Is the ELsmp kernel a hugemem equivalent - i.e. is it seeing all the memory ?. Swap usage may be getting in the way of the user I/O - easy to check.

Quote:

tried all the different elevator

Including NOOP ?.

Migrating users (sites) dependent on 2.4 I/O profiles usually find the swappiness default introduced in 2.6 messes with their numbers. Try setting it to 0 (zero) to get the 2.4 behaviour - easy to change to test, easy to revert.
Journalling filesystems add overheads just because of the journalling - as you can see from your own 2.4 numbers in the first post. There are several papers on performance options - be aware that some may have integrity drawbacks for production sites. Have a look at noatime and nodiratime as mount options - I use them everywhere, more especially on heavy read environments.

salasi · 08-15-2009, 06:07 AM

Quote:

Originally Posted by syg00

Swap usage may be getting in the way of the user I/O - easy to check.

Excellent point; for some reason, when I wrote my reply I was thinking that excess swap had already been eliminated and re-reading this thread it is clear that that isn't the case.

Quote:

swappiness default introduced in 2.6 messes with their numbers. Try setting it to 0 (zero) to get the 2.4 behaviour - easy to change to test, easy to revert.

My experience of tweaking swappiness is that it has more impact on the relative priority of different classes of tasks than on overall throughput. But, as you say, easy enough to check, and you should get all of the 'easy to check' stuff out of the way.

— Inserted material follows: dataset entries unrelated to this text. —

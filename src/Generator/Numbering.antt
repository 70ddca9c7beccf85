-- ===== src/Generator/Numbering.antt =====
-- The sequence numbers that generator_task of firmware/main/generator.c gives to its packets.
use esp_now_harness.Common.{
  ℕ, zero, suc, ◌+◌, ◌<◌, ◌≡◌, refl, ap, ◌∙◌, inl, inr, Bool, true, false, ◌&&◌, List, [], ◌∷◌,
  arith, ◌==◌, if◌then◌else◌, Bool-cases, ==_iff, u32, get_or, length, length-set, get_or-set_self,
  get_or-set_ne,
}
use mathlib.Core.Path.{ap₂}
use esp_now_harness.Generator.Task.{Attempt, bump}

-- The numbers of the packets of a stream that were sent, in order.
unfoldable pub numbers : ℕ → List Attempt → List ℕ
numbers k [] = []
numbers k (a ∷ as') =
    let rest = numbers k as' in if a.sent && (a.stream == k) then a.sequence ∷ rest else rest

-- `from` and the numbers after it, as 32 bits count.
unfoldable pub count_up : ℕ → ℕ → List ℕ
count_up from zero = []
count_up from (suc n) = from ∷ count_up (u32 (from + 1)) n

-- Attempts that take their numbers from the counters of the streams.
abbrev pub Numbered : List ℕ → List Attempt → Type 0
Numbered sequences [] = Unit {0}
Numbered sequences (a ∷ as') =
    (a.stream < 16)
    × (a.sequence ≡ get_or sequences a.stream 0)
    × Numbered (bump sequences a.stream a.sent) as'

length-bump : (ss : List ℕ) (j : ℕ) (b : Bool) → length (bump ss j b) ≡ length ss
unfolding bump
length-bump ss j true = length-set ss j _
length-bump ss j false = refl

get_or-bump :
    (ss : List ℕ) (j k : ℕ) (b : Bool)
    → j < length ss
    → get_or (bump ss j b) k 0 ≡ (if b && (j == k) then u32 (get_or ss k 0 + 1) else get_or ss k 0)
unfolding bump
get_or-bump ss j k false h = refl
get_or-bump ss j k true h = elim (Bool-cases (j == k)) [
  | inl e ↦ let same = (==_iff j k).0 e in rw (e, same) (get_or-set_self ss k _ 0 (rw (← same) h))
  | inr e ↦ rw e (get_or-set_ne ss j k _ 0 (ground (arith, e)))
]

next_number :
    (ss : List ℕ) (a : Attempt) (k : ℕ)
    → a.sequence ≡ get_or ss a.stream 0
    → (a.sent && (a.stream == k)) ≡ true
    → a.sequence ≡ get_or ss k 0
next_number ss a k h y =
    let same : a.stream ≡ k = ground (arith, y) in h ∙ ap (λ j. get_or ss j 0) same

pub numbers-Numbered :
    (log : List Attempt) (ss : List ℕ) (k : ℕ)
    → length ss ≡ 16
    → Numbered ss log
    → numbers k log ≡ count_up (get_or ss k 0) (length (numbers k log))
unfolding numbers count_up
numbers-Numbered [] ss k h v = refl
numbers-Numbered (a ∷ log) ss k h v =
    let next = get_or-bump ss a.stream k a.sent (omega (arith, v.0)) in
    let rest =
      numbers-Numbered log (bump ss a.stream a.sent) k (length-bump ss a.stream a.sent ∙ h) v.2 in
    elim (Bool-cases (a.sent && (a.stream == k))) [
      | inl y ↦
          let next' : get_or (bump ss a.stream a.sent) k 0 ≡ u32 (get_or ss k 0 + 1) =
            ground (arith, next, y) in
          rw y (
            ap₂ ◌∷◌ (next_number ss a k v.1 y)
              (rest ∙ ap (λ m. count_up m (length (numbers k log))) next'))
      | inr n ↦
          let next' : get_or (bump ss a.stream a.sent) k 0 ≡ get_or ss k 0 =
            ground (arith, next, n) in
          rw n (rest ∙ ap (λ m. count_up m (length (numbers k log))) next')
    ]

BTW, you may want to have a look over at Phoronix to see if there is something there that strikes a chord. I can't remember anything directly relevant, but they are the only people I can think of that do performance testing on distro A with kernel X against distro B with kernel Y and version x.x of distro A against version y.y of the same distro. Bit of a long shot, but you never know.

Also, you might want to say what you primarily want to get out this process; is it firstly to have a working system (and you don't care how you get it and you don't care about understanding it further) or do you want to understand it further, on the assumption that once you understand, the rest will become easy, or, at least, possible?

Quote:

Journalling filesystems add overheads just because of the journalling

Journalling is clearly more involved, and involves more code, but that isn't necessarily the same as slower, when comparing filesystem A with filesystem B. In the case in which disk accesses can be reduced, because disk accesses are so much slower than anything that happens in ram, there can still be a speed gain in particular use cases. Agreed that a slow down is more common than a speed up, though.

I'd also re-emphasise the point that, as a general rule of thumb, the more sophisticated the filesystem, the more its performance is suceptible to modification by changing the set-up parameters. So while accepting 'the defaults' (which presumably means 'this distro's defaults') in every case, seems like a level playing field in FS performance testing, it isn't really; it disadvantages the FSs with better potential gains from tuning.

Quote:

Have a look at noatime and nodiratime as mount options - I use them everywhere, more especially on heavy read environments.

...which is exactly why noatime is helpful (reduces disk accesses); I would say always use noatime unless there is a particular reason not to. I believe that noatime implies nodiratime; is that wrong?